In reply to criticism of your 1,400% returns - which was treated as Gospel by the major newspapers, quoted in the TV election debate and probably led Osborne to introduce Section 24 - you have the gall to come onto a forum for people who will be severely damaged if not bankrupted by S 24 and boast about how well you did in London.

And the patronising arrogance to express your hope that I can see where my maths is wrong. It is your thinking that is at fault, not my maths. Your “initial investment of £30,000 is now worth £727,500” That means the gain is £697,500.

You cannot include the £27,500 as a gain on the £27,500 you started with. In your words that is “completely illogical”.
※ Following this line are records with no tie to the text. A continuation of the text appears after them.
-- ===== src/ApScanner/Tracker.antt =====
-- The per-queue MKVP state that the scanner keeps from one scan to the next (`MKVPTracker`).
pub mod History
pub mod Keys
use k8s_cex_dra_driver.Prelude.{
  ℕ, ◌+◌, Text, List, [], ◌∷◌, ◌++◌, Bool, true, false, not, ◌||◌, Option, none, some, ◌==◌,
  text_eq, leb, if◌then◌else◌,
}
use k8s_cex_dra_driver.Prelude.Exec.{Result, ok, err, is_ok}
use k8s_cex_dra_driver.Prelude.Dict.{Dict, get, put, or_default}
use k8s_cex_dra_driver.Prelude.Strings.{bytes}
use k8s_cex_dra_driver.Os.{Os, FilePath}
use k8s_cex_dra_driver.Sysfs.Mkvp.{
  Mkvps, MkvpError, cca, ep11, mkvps_path, parse_mkvps, unknown_mkvps,
}

abbrev pub mkvp_retry_budget : ℕ
mkvp_retry_budget = 3

unfoldable pub zcrypt_driver : Text
zcrypt_driver = bytes "cex4queue"

unfoldable pub vfio_ap_driver : Text
vfio_ap_driver = bytes "vfio_ap"

-- The values of cex.ibm.com/mkvp_state.
pub data MkvpState : Type 0 where
  known cached unknown : MkvpState

-- A `nil` cache is `none`.
pub record QueueState : Type 0 where
  pub cache : Option Mkvps
  pub fail_count : ℕ

abbrev pub fresh : QueueState
fresh = record { cache = none; fail_count = 0 }

pub record MkvpTracker : Type 0 where
  pub queues : Dict Text QueueState
  pub first_scan_done : Bool

abbrev pub new_mkvp_tracker : MkvpTracker
new_mkvp_tracker = record { queues = []; first_scan_done = false }

abbrev pub Reading : Type 0
Reading = Mkvps × MkvpState

-- `readZcryptMKVPs` from the result of the read on.
unfoldable pub on_read : Text → Result MkvpError Mkvps → QueueState → Reading × QueueState
on_read card_type (ok mkvps) state = ((mkvps, known), record { cache = some mkvps; fail_count = 0 })
on_read card_type (err e) state = elim state.cache [
  | none ↦ ((unknown_mkvps card_type, unknown), state)
  | some m ↦
      if leb (state.fail_count + 1) mkvp_retry_budget
      then ((m, cached), record state { fail_count = state.fail_count + 1 })
      else (
        (unknown_mkvps card_type, unknown),
        record { cache = none; fail_count = state.fail_count + 1 },
      )
]

-- No mkvps file to read: the end of `Evaluate`.
unfoldable pub on_absent : Text → QueueState → Reading
on_absent card_type state = elim state.cache [
  | some m ↦ (m, cached)
  | none ↦ (unknown_mkvps card_type, unknown)
]

abbrev pub state_of : MkvpTracker → Text → QueueState
state_of t apqn = or_default fresh (get apqn t.queues)

abbrev pub set_state : MkvpTracker → Text → QueueState → MkvpTracker
set_state t apqn state = record t { queues = put apqn state t.queues }

module _ (os : Os) where
  unfoldable pub file_exists : FilePath → os.World → Bool × os.World
  file_exists path w = let (r, w') = os.stat path w in (is_ok r, w')

  unfoldable pub read_zcrypt_mkvps :
      FilePath → Text → QueueState → os.World → Reading × QueueState × os.World
  unfolding on_read
  read_zcrypt_mkvps queue_path card_type state w =
      let (r, w') = parse_mkvps os queue_path card_type w in
      let (reading, state') = on_read card_type r state in (reading, state', w')

  -- The file is looked for only on a queue that zcrypt drives.
  abbrev mkvps_present : Text → FilePath → os.World → Bool × os.World
  mkvps_present driver queue_path w =
      if driver == zcrypt_driver then file_exists (mkvps_path queue_path) w else (false, w)

  abbrev evaluate_state :
      Bool → FilePath → Text → QueueState → os.World → Reading × QueueState × os.World
  evaluate_state true queue_path card_type state w = read_zcrypt_mkvps queue_path card_type state w
  evaluate_state false queue_path card_type state w = (on_absent card_type state, state, w)

  unfoldable pub evaluate :
      MkvpTracker → Text → Text → FilePath → Text → os.World → Reading × MkvpTracker × os.World
  unfolding file_exists read_zcrypt_mkvps on_absent
  evaluate t apqn driver queue_path card_type w =
      if not (card_type == cca || card_type == ep11)
      then (([], known), t, w)
      else let (present, w') = mkvps_present driver queue_path w in
        let (reading, state, w'') =
          evaluate_state present queue_path card_type (state_of t apqn) w' in
        (reading, set_state t apqn state, w'')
Your gross capital gain is £700,000: £810,000 minus £110,000. Then you have to deduct the £2,500 you spent on the purchase cost and fittings, leaving £697,500.

You got the capital gain wrong on the unmortgaged example as well. The purchase price was £55,000 and the 2014 valuation was £189,000, making the gross gain £134,000.

The table on page 10 states that the total return was £5,071 for every £1,000 invested, and that 42.9% came from rental income. So the total return was £278,905, and 57.1% of it, £159,255. came from capital gain. That is £25,255 more. than the the actual gain. The extra is about half the purchase price. It is £459 for every £1,000 invested, 9% of the claimed gross returns, not adjusted for inflation.

You are incompetent as well as arrogant.